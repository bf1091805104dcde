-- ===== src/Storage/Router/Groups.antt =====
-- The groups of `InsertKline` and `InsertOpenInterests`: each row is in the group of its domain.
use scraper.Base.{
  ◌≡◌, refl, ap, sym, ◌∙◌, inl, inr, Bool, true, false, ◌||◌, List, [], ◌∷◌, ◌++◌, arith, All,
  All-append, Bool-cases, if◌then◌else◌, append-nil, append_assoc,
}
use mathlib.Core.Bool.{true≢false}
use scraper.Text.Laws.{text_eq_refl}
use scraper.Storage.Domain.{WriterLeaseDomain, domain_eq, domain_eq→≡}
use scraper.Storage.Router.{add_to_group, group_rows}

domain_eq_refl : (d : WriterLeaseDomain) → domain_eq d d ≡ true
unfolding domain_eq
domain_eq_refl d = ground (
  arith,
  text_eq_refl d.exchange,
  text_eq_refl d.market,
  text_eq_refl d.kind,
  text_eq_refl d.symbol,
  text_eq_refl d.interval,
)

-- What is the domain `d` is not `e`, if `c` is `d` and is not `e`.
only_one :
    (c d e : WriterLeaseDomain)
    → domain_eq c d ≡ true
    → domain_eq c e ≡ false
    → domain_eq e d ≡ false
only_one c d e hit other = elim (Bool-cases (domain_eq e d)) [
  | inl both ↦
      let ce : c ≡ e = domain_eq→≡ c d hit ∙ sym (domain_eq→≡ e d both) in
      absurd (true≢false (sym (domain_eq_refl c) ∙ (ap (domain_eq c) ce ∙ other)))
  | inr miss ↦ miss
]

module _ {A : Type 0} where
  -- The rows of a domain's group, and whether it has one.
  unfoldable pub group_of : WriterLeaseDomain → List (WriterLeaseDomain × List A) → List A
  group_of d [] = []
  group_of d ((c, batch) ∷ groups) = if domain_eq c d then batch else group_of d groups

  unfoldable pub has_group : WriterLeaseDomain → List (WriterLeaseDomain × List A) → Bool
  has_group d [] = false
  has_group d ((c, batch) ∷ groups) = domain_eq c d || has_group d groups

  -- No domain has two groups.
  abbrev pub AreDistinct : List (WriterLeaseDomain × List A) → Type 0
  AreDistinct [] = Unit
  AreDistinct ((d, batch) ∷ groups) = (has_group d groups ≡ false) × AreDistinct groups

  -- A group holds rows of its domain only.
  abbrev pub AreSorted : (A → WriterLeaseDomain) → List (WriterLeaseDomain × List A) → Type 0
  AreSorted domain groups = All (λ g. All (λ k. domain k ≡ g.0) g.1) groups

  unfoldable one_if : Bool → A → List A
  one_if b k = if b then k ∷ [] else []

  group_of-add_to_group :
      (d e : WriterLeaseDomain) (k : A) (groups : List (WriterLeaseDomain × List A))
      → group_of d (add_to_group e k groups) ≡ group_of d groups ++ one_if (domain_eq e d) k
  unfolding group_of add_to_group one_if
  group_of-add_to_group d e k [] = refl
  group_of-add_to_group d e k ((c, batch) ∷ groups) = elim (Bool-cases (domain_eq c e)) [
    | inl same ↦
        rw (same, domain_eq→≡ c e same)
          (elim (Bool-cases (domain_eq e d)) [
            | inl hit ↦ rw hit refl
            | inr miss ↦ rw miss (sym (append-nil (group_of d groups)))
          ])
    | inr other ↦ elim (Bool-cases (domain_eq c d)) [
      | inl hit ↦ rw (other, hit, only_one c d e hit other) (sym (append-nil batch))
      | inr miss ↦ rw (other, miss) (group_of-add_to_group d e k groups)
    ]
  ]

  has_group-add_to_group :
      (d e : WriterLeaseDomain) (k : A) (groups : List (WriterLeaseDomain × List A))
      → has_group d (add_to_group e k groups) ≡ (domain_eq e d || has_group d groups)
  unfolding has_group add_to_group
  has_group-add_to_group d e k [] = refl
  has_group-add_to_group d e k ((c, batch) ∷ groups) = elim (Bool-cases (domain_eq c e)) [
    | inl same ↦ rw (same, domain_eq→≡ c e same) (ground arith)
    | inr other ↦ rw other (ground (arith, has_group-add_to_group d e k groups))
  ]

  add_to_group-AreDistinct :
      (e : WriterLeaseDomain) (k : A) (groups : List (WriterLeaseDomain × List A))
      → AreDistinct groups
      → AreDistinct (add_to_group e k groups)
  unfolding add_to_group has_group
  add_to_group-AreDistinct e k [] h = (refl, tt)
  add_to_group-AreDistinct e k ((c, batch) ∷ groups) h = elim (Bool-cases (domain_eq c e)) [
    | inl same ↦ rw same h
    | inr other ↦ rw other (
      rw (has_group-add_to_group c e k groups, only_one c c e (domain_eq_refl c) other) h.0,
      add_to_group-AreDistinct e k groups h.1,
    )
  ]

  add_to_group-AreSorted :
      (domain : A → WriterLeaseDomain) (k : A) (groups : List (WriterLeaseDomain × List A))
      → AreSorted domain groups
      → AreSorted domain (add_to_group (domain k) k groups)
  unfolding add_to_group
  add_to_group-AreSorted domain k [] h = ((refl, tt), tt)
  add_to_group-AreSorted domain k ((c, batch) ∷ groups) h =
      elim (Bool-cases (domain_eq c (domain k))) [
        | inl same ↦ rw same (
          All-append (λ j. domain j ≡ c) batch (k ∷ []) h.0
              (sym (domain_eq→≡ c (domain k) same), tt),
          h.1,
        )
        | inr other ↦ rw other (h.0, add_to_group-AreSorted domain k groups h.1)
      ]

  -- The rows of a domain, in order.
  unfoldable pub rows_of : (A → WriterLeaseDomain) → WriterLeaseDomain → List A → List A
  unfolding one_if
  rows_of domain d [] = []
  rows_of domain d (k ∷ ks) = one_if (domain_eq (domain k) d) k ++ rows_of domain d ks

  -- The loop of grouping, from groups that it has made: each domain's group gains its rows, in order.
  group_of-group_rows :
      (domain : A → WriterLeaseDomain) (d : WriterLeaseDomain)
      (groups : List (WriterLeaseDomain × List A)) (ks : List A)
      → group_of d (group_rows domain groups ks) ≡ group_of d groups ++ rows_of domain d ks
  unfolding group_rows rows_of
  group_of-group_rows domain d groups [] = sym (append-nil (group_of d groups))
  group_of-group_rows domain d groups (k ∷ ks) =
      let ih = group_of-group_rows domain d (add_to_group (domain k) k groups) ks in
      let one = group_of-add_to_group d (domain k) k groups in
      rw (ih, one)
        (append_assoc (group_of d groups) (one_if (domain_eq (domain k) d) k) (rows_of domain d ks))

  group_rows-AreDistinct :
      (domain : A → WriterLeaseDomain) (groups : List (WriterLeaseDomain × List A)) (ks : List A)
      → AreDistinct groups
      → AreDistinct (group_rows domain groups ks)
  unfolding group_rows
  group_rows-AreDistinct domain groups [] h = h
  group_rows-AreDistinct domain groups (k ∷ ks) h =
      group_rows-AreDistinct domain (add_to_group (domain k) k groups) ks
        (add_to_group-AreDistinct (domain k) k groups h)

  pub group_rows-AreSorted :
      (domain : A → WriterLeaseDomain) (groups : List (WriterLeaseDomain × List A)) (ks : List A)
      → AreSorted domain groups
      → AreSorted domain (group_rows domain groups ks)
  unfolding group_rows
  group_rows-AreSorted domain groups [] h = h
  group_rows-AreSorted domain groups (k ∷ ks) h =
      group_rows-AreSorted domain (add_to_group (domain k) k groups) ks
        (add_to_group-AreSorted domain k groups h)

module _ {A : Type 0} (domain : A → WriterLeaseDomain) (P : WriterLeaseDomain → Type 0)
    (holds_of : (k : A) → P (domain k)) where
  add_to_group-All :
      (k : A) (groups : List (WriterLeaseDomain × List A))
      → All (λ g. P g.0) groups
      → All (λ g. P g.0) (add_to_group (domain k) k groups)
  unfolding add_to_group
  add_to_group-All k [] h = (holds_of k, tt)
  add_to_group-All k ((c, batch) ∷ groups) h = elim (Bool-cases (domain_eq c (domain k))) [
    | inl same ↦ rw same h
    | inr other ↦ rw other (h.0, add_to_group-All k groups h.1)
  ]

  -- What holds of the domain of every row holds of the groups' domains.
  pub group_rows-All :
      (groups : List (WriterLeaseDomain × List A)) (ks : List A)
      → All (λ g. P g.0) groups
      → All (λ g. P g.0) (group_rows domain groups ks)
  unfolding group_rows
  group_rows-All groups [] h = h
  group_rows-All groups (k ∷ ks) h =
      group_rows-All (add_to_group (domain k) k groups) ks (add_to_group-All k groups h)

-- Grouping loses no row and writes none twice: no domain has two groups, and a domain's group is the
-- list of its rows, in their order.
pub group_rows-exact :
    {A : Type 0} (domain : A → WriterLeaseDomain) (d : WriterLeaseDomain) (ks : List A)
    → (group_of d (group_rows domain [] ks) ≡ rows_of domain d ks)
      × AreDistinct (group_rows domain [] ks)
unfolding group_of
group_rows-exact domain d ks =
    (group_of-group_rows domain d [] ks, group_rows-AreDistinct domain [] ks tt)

• _YOUR GOAL_: Extract from the listing above the lines between the line containing "(append_assoc (group_of d" and the line containing "group_rows-AreDistinct domain groups (k", keeping both of those lines. Output nothing else.

• _TASK RESPONSE_:
        (append_assoc (group_of d groups) (one_if (domain_eq (domain k) d) k) (rows_of domain d ks))

  group_rows-AreDistinct :
      (domain : A → WriterLeaseDomain) (groups : List (WriterLeaseDomain × List A)) (ks : List A)
      → AreDistinct groups
      → AreDistinct (group_rows domain groups ks)
  unfolding group_rows
  group_rows-AreDistinct domain groups [] h = h
  group_rows-AreDistinct domain groups (k ∷ ks) h =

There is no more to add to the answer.